**Work to be completed**
Only the records, repeated exactly, should make up the response.
Top of Input
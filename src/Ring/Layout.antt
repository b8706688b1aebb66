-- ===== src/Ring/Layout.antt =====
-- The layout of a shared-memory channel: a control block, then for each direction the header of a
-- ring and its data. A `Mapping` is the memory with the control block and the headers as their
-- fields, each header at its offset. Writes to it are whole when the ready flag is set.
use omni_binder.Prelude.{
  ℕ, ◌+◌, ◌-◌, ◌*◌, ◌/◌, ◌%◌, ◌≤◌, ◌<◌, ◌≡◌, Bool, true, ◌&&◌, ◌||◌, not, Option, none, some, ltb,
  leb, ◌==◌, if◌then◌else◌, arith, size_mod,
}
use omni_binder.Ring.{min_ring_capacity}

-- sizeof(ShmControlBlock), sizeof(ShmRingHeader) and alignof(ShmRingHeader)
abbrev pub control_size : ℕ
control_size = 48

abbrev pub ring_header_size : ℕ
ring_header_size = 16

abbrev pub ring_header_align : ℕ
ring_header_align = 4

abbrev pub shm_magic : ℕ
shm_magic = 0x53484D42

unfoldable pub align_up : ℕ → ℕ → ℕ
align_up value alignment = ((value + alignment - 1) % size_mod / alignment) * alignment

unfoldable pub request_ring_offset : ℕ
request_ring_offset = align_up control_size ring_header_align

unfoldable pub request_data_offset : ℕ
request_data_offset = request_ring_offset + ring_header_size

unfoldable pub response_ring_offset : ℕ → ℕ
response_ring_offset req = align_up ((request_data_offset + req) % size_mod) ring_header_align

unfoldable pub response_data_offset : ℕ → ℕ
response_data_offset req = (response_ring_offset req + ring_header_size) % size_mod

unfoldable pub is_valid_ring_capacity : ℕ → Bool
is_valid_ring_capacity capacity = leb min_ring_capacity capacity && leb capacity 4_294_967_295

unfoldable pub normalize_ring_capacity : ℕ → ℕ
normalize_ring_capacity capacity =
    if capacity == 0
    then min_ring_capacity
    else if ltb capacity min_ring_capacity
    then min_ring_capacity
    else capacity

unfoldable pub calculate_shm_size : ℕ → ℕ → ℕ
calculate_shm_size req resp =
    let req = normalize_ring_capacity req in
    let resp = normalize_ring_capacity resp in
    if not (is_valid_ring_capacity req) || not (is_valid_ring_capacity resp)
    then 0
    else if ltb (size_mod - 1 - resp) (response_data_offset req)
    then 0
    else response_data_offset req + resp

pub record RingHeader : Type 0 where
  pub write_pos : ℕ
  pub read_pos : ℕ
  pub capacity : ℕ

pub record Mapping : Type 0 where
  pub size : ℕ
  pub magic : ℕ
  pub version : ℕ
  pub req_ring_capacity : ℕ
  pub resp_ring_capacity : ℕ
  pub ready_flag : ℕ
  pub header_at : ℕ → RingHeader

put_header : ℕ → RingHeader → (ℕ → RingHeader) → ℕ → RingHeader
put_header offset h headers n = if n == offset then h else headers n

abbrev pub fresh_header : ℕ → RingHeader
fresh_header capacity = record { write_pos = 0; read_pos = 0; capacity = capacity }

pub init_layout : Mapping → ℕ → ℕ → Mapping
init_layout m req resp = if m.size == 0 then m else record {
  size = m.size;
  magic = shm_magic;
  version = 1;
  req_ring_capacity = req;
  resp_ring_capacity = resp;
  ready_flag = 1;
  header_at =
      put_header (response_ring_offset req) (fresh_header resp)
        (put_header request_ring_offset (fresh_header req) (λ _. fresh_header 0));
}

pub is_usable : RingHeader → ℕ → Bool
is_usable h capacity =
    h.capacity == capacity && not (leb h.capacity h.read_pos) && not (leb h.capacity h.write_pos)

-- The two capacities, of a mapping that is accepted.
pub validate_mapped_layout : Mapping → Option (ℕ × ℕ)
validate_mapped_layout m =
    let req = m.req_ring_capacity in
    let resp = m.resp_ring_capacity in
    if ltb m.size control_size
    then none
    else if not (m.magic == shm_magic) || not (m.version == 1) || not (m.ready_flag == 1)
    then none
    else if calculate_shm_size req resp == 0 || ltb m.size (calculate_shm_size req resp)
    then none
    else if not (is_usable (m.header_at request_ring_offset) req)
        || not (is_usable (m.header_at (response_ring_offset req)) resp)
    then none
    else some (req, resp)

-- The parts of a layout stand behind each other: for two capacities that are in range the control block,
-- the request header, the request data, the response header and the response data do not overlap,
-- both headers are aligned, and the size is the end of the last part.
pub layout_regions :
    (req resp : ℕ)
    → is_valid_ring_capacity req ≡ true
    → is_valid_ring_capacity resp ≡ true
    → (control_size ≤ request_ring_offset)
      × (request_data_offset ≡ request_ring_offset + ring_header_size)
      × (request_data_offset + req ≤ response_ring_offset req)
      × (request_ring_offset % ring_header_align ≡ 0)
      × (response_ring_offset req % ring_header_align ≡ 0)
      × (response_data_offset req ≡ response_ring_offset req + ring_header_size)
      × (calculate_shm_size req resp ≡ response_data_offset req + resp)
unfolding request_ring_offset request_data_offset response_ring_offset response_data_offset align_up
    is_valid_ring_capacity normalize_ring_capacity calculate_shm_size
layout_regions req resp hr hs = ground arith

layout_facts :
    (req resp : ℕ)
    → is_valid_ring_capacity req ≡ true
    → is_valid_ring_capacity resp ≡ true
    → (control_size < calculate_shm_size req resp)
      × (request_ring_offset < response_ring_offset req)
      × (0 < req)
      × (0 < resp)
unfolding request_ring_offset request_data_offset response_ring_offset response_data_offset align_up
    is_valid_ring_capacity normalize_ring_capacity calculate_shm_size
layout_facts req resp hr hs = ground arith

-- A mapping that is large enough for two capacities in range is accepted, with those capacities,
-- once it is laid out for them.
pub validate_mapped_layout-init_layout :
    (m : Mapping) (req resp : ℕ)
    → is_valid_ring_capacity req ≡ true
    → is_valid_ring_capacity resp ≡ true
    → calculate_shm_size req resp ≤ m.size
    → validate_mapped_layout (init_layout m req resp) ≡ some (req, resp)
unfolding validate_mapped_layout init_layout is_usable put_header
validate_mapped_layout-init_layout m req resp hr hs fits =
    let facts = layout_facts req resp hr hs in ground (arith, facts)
Bottom of Input
**Answer to the exercise**
filename src/Ring/Layout.antt
repository b8706688b1aebb66
-- ===== src/Ring/Layout.antt =====
-- The layout of a shared-memory channel: a control block, then for each direction the header of a
-- ring and its data. A `Mapping` is the memory with the control block and the headers as their
-- fields, each header at its offset. Writes to it are whole when the ready flag is set.
use omni_binder.Prelude.{
  ℕ, ◌+◌, ◌-◌, ◌*◌, ◌/◌, ◌%◌, ◌≤◌, ◌<◌, ◌≡◌, Bool, true, ◌&&◌, ◌||◌, not, Option, none, some, ltb,
  leb, ◌==◌, if◌then◌else◌, arith, size_mod,
}
use omni_binder.Ring.{min_ring_capacity}

-- sizeof(ShmControlBlock), sizeof(ShmRingHeader) and alignof(ShmRingHeader)
abbrev pub control_size : ℕ
control_size = 48

abbrev pub ring_header_size : ℕ
ring_header_size = 16

abbrev pub ring_header_align : ℕ
ring_header_align = 4

abbrev pub shm_magic : ℕ
shm_magic = 0x53484D42

unfoldable pub align_up : ℕ → ℕ → ℕ
align_up value alignment = ((value + alignment - 1) % size_mod / alignment) * alignment

unfoldable pub request_ring_offset : ℕ
request_ring_offset = align_up control_size ring_header_align

unfoldable pub request_data_offset : ℕ
request_data_offset = request_ring_offset + ring_header_size

unfoldable pub response_ring_offset : ℕ → ℕ
response_ring_offset req = align_up ((request_data_offset + req) % size_mod) ring_header_align

unfoldable pub response_data_offset : ℕ → ℕ
response_data_offset req = (response_ring_offset req + ring_header_size) % size_mod

unfoldable pub is_valid_ring_capacity : ℕ → Bool
is_valid_ring_capacity capacity = leb min_ring_capacity capacity && leb capacity 4_294_967_295

unfoldable pub normalize_ring_capacity : ℕ → ℕ
normalize_ring_capacity capacity =
    if capacity == 0
    then min_ring_capacity
    else if ltb capacity min_ring_capacity
    then min_ring_capacity
    else capacity

unfoldable pub calculate_shm_size : ℕ → ℕ → ℕ
calculate_shm_size req resp =
    let req = normalize_ring_capacity req in
    let resp = normalize_ring_capacity resp in
    if not (is_valid_ring_capacity req) || not (is_valid_ring_capacity resp)
    then 0
    else if ltb (size_mod - 1 - resp) (response_data_offset req)
    then 0
    else response_data_offset req + resp

pub record RingHeader : Type 0 where
  pub write_pos : ℕ
  pub read_pos : ℕ
  pub capacity : ℕ

pub record Mapping : Type 0 where
  pub size : ℕ
  pub magic : ℕ
  pub version : ℕ
  pub req_ring_capacity : ℕ
  pub resp_ring_capacity : ℕ
  pub ready_flag : ℕ
  pub header_at : ℕ → RingHeader

put_header : ℕ → RingHeader → (ℕ → RingHeader) → ℕ → RingHeader
put_header offset h headers n = if n == offset then h else headers n

abbrev pub fresh_header : ℕ → RingHeader
fresh_header capacity = record { write_pos = 0; read_pos = 0; capacity = capacity }

pub init_layout : Mapping → ℕ → ℕ → Mapping
init_layout m req resp = if m.size == 0 then m else record {
  size = m.size;
  magic = shm_magic;
  version = 1;
  req_ring_capacity = req;
  resp_ring_capacity = resp;
  ready_flag = 1;
  header_at =
      put_header (response_ring_offset req) (fresh_header resp)
        (put_header request_ring_offset (fresh_header req) (λ _. fresh_header 0));
}

pub is_usable : RingHeader → ℕ → Bool
is_usable h capacity =
    h.capacity == capacity && not (leb h.capacity h.read_pos) && not (leb h.capacity h.write_pos)

-- The two capacities, of a mapping that is accepted.
pub validate_mapped_layout : Mapping → Option (ℕ × ℕ)
validate_mapped_layout m =
    let req = m.req_ring_capacity in
    let resp = m.resp_ring_capacity in
    if ltb m.size control_size
    then none
    else if not (m.magic == shm_magic) || not (m.version == 1) || not (m.ready_flag == 1)
    then none
    else if calculate_shm_size req resp == 0 || ltb m.size (calculate_shm_size req resp)
    then none
    else if not (is_usable (m.header_at request_ring_offset) req)
        || not (is_usable (m.header_at (response_ring_offset req)) resp)
    then none
    else some (req, resp)

-- The parts of a layout stand behind each other: for two capacities that are in range the control block,
-- the request header, the request data, the response header and the response data do not overlap,
-- both headers are aligned, and the size is the end of the last part.
pub layout_regions :
    (req resp : ℕ)
    → is_valid_ring_capacity req ≡ true
    → is_valid_ring_capacity resp ≡ true
    → (control_size ≤ request_ring_offset)
      × (request_data_offset ≡ request_ring_offset + ring_header_size)
      × (request_data_offset + req ≤ response_ring_offset req)
      × (request_ring_offset % ring_header_align ≡ 0)
      × (response_ring_offset req % ring_header_align ≡ 0)
      × (response_data_offset req ≡ response_ring_offset req + ring_header_size)
      × (calculate_shm_size req resp ≡ response_data_offset req + resp)
unfolding request_ring_offset request_data_offset response_ring_offset response_data_offset align_up
    is_valid_ring_capacity normalize_ring_capacity calculate_shm_size
layout_regions req resp hr hs = ground arith

layout_facts :
    (req resp : ℕ)
    → is_valid_ring_capacity req ≡ true
    → is_valid_ring_capacity resp ≡ true
    → (control_size < calculate_shm_size req resp)
      × (request_ring_offset < response_ring_offset req)
      × (0 < req)
      × (0 < resp)
unfolding request_ring_offset request_data_offset response_ring_offset response_data_offset align_up
    is_valid_ring_capacity normalize_ring_capacity calculate_shm_size
layout_facts req resp hr hs = ground arith

-- A mapping that is large enough for two capacities in range is accepted, with those capacities,
-- once it is laid out for them.
pub validate_mapped_layout-init_layout :
    (m : Mapping) (req resp : ℕ)
    → is_valid_ring_capacity req ≡ true
    → is_valid_ring_capacity resp ≡ true
    → calculate_shm_size req resp ≤ m.size
    → validate_mapped_layout (init_layout m req resp) ≡ some (req, resp)
unfolding validate_mapped_layout init_layout is_usable put_header
validate_mapped_layout-init_layout m req resp hr hs fits =
    let facts = layout_facts req resp hr hs in ground (arith, facts)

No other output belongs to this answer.